This paper presents an approach for strongly learning a linguistically interesting subclass of probabilistic context-free grammars (PCFGs) from strings in the realizable case. Unpacking this, we assume that we have some PCFG that we are interested in learning and that we have access only to a sample of strings generated by the PCFG (i.e., sampled from the distribution defined by the context-free grammar). Crucially, we do not observe the derivation trees—the hierarchical latent structure. Strong learning means that we want the learned grammar to define the same distribution over labeled trees as the original grammar and not just the same distribution over strings.
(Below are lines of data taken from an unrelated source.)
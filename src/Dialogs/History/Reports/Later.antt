-- ===== src/Dialogs/History/Reports/Later.antt =====
-- A report stays with its answer, whatever operations follow that spare the dialog.
use mathlib.Core.Option.{some-injective}
use bmstu_nirs.Common.{
  nat_key, ==_refl, Bool-cases, Dict, Option, Option-cases, String, [], ap, arith, contains, erase,
  false, find, inl, inr, insert, lookup, lookup-erase, map_values, none, refl, some, subst, sym,
  true, values, ℕ, ◌<◌, ◌∙◌, ◌∷◌, ◌≡◌, ◌≢◌,
}
use bmstu_nirs.Dialogs.Models.{
  ReportReason, ReportState, Result, Time, Uuid, err, ok, report_exists,
}
use bmstu_nirs.Dialogs.History.{
  Dialog, History, Status, StoredReport, answer, delete, detach, dismissed, drop_feedback, is_about,
  new, owned, report_state, resolved, state_of,
}
use bmstu_nirs.Dialogs.History.Reports.{
  id_set, mark_report_news_seen, report, set_report_status, with_status,
}
use bmstu_nirs.Dialogs.History.Removal.{has_id}
use bmstu_nirs.Dialogs.History.Numbering.{
  Step, appended, created, delete-err, delete-ok, deleted, marked_seen, rated, reported, unrated,
}
use bmstu_nirs.Dialogs.History.Reports.Kept.{
  Files, Has, Has-answer, answer-Has, append-Has, append-reports, clear_feedback-kept, create-Has,
  create-reports, detach-Files, has_id-answer, insert-Files, mark_all-Files, owned-lookup,
  set_feedback-kept,
}

-- No dialog that has the message is removed.
abbrev pub Spares : ℕ → History → History → Type 0
Spares m h k =
    (i : Uuid) (d : Dialog)
    → lookup i h.dialogs ≡ some d
    → has_id m d.messages ≡ true
    → contains i k.dialogs ≡ true

-- The store after operations with any arguments, of which none removes a dialog with the message.
pub data Later (m : ℕ) (g : History) : History → Type 0 where
  at_once : Later m g g
  followed : {h k : History} → Later m g h → Step h k → Spares m h k → Later m g k
  reviewed :
      {h k : History} (report_id : ℕ) (st : Status) (t : Time)
      → Later m g h
      → set_report_status report_id st t h ≡ some k
      → Later m g k

-- The owner's dialog has the answer, and a report of it is stored under a number that was given.
pub record IsReported (owner_id dialog_id : Uuid) (m n : ℕ) (h : History) : Type 0 where
  pub answered : answer owner_id dialog_id m h ≡ none
  pub filed : (r : StoredReport) × (lookup n h.reports ≡ some r) × (r.message_id ≡ some m)
  pub numbered : n < h.report_ids

module _ (owner_id dialog_id : Uuid) (m n : ℕ) where
  abbrev Reported : History → Type 0
  Reported = IsReported owner_id dialog_id m n

  -- The same dialogs, and the report is kept.
  same-Reported :
      (g h : History)
      → h.dialogs ≡ g.dialogs
      → Files m n h.reports
      → n < h.report_ids
      → Reported g
      → Reported h
  same-Reported g h same filed numbered v = record {
    answered = Has-answer owner_id dialog_id m h (
        subst (Has owner_id dialog_id m) (sym same) (answer-Has owner_id dialog_id m g v.answered));
    filed = filed;
    numbered = numbered;
  }

  delete-Reported :
      (owner id : Uuid) (h : History)
      → Spares m h (delete owner id h).1
      → Reported h
      → Reported (delete owner id h).1
  delete-Reported owner id h spares v = go (owned owner id h) refl
    where
      has : Has owner_id dialog_id m h.dialogs
      has = answer-Has owner_id dialog_id m h v.answered

      stays :
          (d : Dialog)
          → owned owner id h ≡ ok d
          → (k : History)
          → k ≡ record h {
            dialogs = erase id h.dialogs;
            feedback = drop_feedback d.messages h.feedback;
            reports = map_values (λ _. detach d.messages) h.reports;
          }
          → Spares m h k
          → Reported k
      stays d e k shape kept =
          let found : lookup id h.dialogs ≡ some d = owned-lookup owner id h e in
          let absent : has_id m d.messages ≡ false = elim (Bool-cases (has_id m d.messages)) [
            | inr b ↦ b
            | inl b ↦ absurd (
                ground (
                  arith,
                  kept id d found b,
                  ap (λ c. lookup id c.dialogs) shape,
                  lookup-erase id id h.dialogs,
                ))
          ] in
          let (c, there, mine, answers) = has in
          let apart : dialog_id ≢ id = λ same.
            let one : d ≡ c =
              some-injective d c (sym found ∙ (ap (λ i. lookup i h.dialogs) (sym same) ∙ there)) in
            cc (absent, one, has_id-answer m c.messages answers) in
          subst Reported (sym shape) (record {
            answered =
                Has-answer owner_id dialog_id m _
                  (c, ground (arith, apart, lookup-erase dialog_id id h.dialogs), mine, answers);
            filed = detach-Files m n d.messages h.reports absent v.filed;
            numbered = v.numbered;
          })

      go : (r : Result Dialog) → owned owner id h ≡ r → Reported (delete owner id h).1
      go (err x) e = rw (delete-err owner id h e) v
      go (ok d) e = stays d e (delete owner id h).1 (delete-ok owner id h e) spares

  report-Reported :
      (owner id : Uuid) (k : ℕ) (reason : ReportReason) (comment : Option String) (t : Time)
      (h : History)
      → Reported h
      → Reported (report owner id k reason comment t h).1
  unfolding report
  report-Reported owner id k reason comment t h v = elim (Option-cases (answer owner id k h)) [
    | inr (x, e) ↦ rw (e, report) v
    | inl e ↦ elim (Option-cases (report_state k h)) [
      | inr (st, e') ↦ rw (e, e', report) v
      | inl e' ↦
          rw (e, e', report)
            (same-Reported h _ refl
              (insert-Files m n h.report_ids _ h.reports
                (λ same. absurd (omega (arith, same, v.numbered))) v.filed)
              (omega (arith, v.numbered)) v)
    ]
  ]

  Step-Reported : {g h : History} → Step g h → Spares m g h → Reported g → Reported h
  unfolding mark_report_news_seen
  Step-Reported (created fuel draw owner t h) spares v = record {
    answered = Has-answer owner_id dialog_id m _ (
        create-Has owner_id dialog_id m fuel draw owner t h
          (answer-Has owner_id dialog_id m h v.answered));
    filed = subst (Files m n) (sym (create-reports fuel draw owner t h).0) v.filed;
    numbered = subst (λ x. n < x) (sym (create-reports fuel draw owner t h).1) v.numbered;
  }
  Step-Reported (appended title_of id ms t h) spares v = record {
    answered = Has-answer owner_id dialog_id m _ (
        append-Has owner_id dialog_id m title_of id ms t h
          (answer-Has owner_id dialog_id m h v.answered));
    filed = subst (Files m n) (sym (append-reports title_of id ms t h).0) v.filed;
    numbered = subst (λ x. n < x) (sym (append-reports title_of id ms t h).1) v.numbered;
  }
  Step-Reported (deleted owner id h) spares v = delete-Reported owner id h spares v
  Step-Reported (rated owner id k score h) spares v =
      let (ds, rs, ns) = set_feedback-kept owner id k score h in
      same-Reported h _ ds (subst (Files m n) (sym rs) v.filed)
        (subst (λ x. n < x) (sym ns) v.numbered) v
  Step-Reported (unrated owner id k h) spares v =
      let (ds, rs, ns) = clear_feedback-kept owner id k h in
      same-Reported h _ ds (subst (Files m n) (sym rs) v.filed)
        (subst (λ x. n < x) (sym ns) v.numbered) v
  Step-Reported (reported owner id k reason comment t h) spares v =
      report-Reported owner id k reason comment t h v
  Step-Reported (marked_seen owner ids t h) spares v =
      same-Reported h _ refl (mark_all-Files m n owner t (id_set ids) h.reports v.filed) v.numbered
        v

  with_status-message_id :
      (st : Status) (t : Time) (r : StoredReport) → (with_status st t r).message_id ≡ r.message_id
  with_status-message_id new t r = refl
  with_status-message_id resolved t r = refl
  with_status-message_id dismissed t r = refl

  reviewed-Reported :
      (report_id : ℕ) (st : Status) (t : Time) (h k : History)
      → set_report_status report_id st t h ≡ some k
      → Reported h
      → Reported k
  unfolding set_report_status
  reviewed-Reported report_id st t h k e v = elim (Option-cases (lookup report_id h.reports)) [
    | inl missing ↦ ground arith
    | inr (r, found) ↦
        let (q, stored, about) = v.filed in
        let reports = insert report_id (with_status st t r) h.reports in
        subst Reported (some-injective _ k (sym (rw (found, set_report_status) refl) ∙ e)) (
          same-Reported h (record h { reports = reports }) refl
            (insert-Files m n report_id (with_status st t r) h.reports
              (λ same.
                with_status-message_id st t r
                ∙ (ap (λ x. x.message_id)
                      (some-injective r q
                        (sym found ∙ (ap (λ i. lookup i h.reports) same ∙ stored)))
                    ∙ about))
              v.filed)
            v.numbered v)
  ]

  -- The report of an answer is kept, whatever operations follow that spare its dialog.
  pub Later-IsReported : {g h : History} → Later m g h → Reported g → Reported h
  Later-IsReported at_once v = v
  Later-IsReported (followed run st spares) v = Step-Reported st spares (Later-IsReported run v)
  Later-IsReported (reviewed {h} {k} report_id st t run e) v =
      reviewed-Reported report_id st t h k e (Later-IsReported run v)

find-lookup :
    (m n : ℕ) (reports : Dict ℕ StoredReport) (r : StoredReport)
    → lookup n reports ≡ some r
    → is_about m r ≡ true
    → (q : StoredReport) × (find (is_about m) (values reports) ≡ some q)
find-lookup m n [] r stored about = cc
find-lookup m n ((k, x) ∷ reports) r stored about = elim (Bool-cases (is_about m x)) [
  | inl b ↦ (x, ground arith)
  | inr b ↦ let (q, e) = find-lookup m n reports r (ground arith) about in (q, ground (arith, e))
]

-- While the report is kept, the answer shows as reported and no further report of it is accepted.
pub IsReported-refuses :
    (owner_id dialog_id : Uuid) (m n : ℕ) (reason : ReportReason) (comment : Option String)
    (t : Time) (h : History)
    → IsReported owner_id dialog_id m n h
    → ((st : ReportState) × (report_state m h ≡ some st))
      × (report owner_id dialog_id m reason comment t h ≡ (err (report_exists dialog_id m), h))
unfolding report report_state
IsReported-refuses owner_id dialog_id m n reason comment t h v =
    let (r, stored, about) = v.filed in
    let (q, found) = find-lookup m n h.reports r stored (ground (arith, about, ==_refl m)) in
    ((state_of q.status, ground (arith, found)), ground (arith, found, v.answered))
Clearly, there can be many structurally different PCFGs that define the same distribution over strings. Consider for example the distribution that generates a single string of length 3 with probability one and the various PCFGs that give rise to that same distribution; for these obvious reasons, that we discuss in more detail later, we cannot have an algorithm that does this for all PCFGs. Accordingly, we define some sufficient conditions on PCFGs for this algorithm to perform correctly. More precisely, we define some simple structural conditions on the underlying CFGs (in Section 3), and we will show that the resulting class of PCFGs is *identifiable from strings*, in the sense that any two PCFGs that define the same distribution over strings will be isomorphic.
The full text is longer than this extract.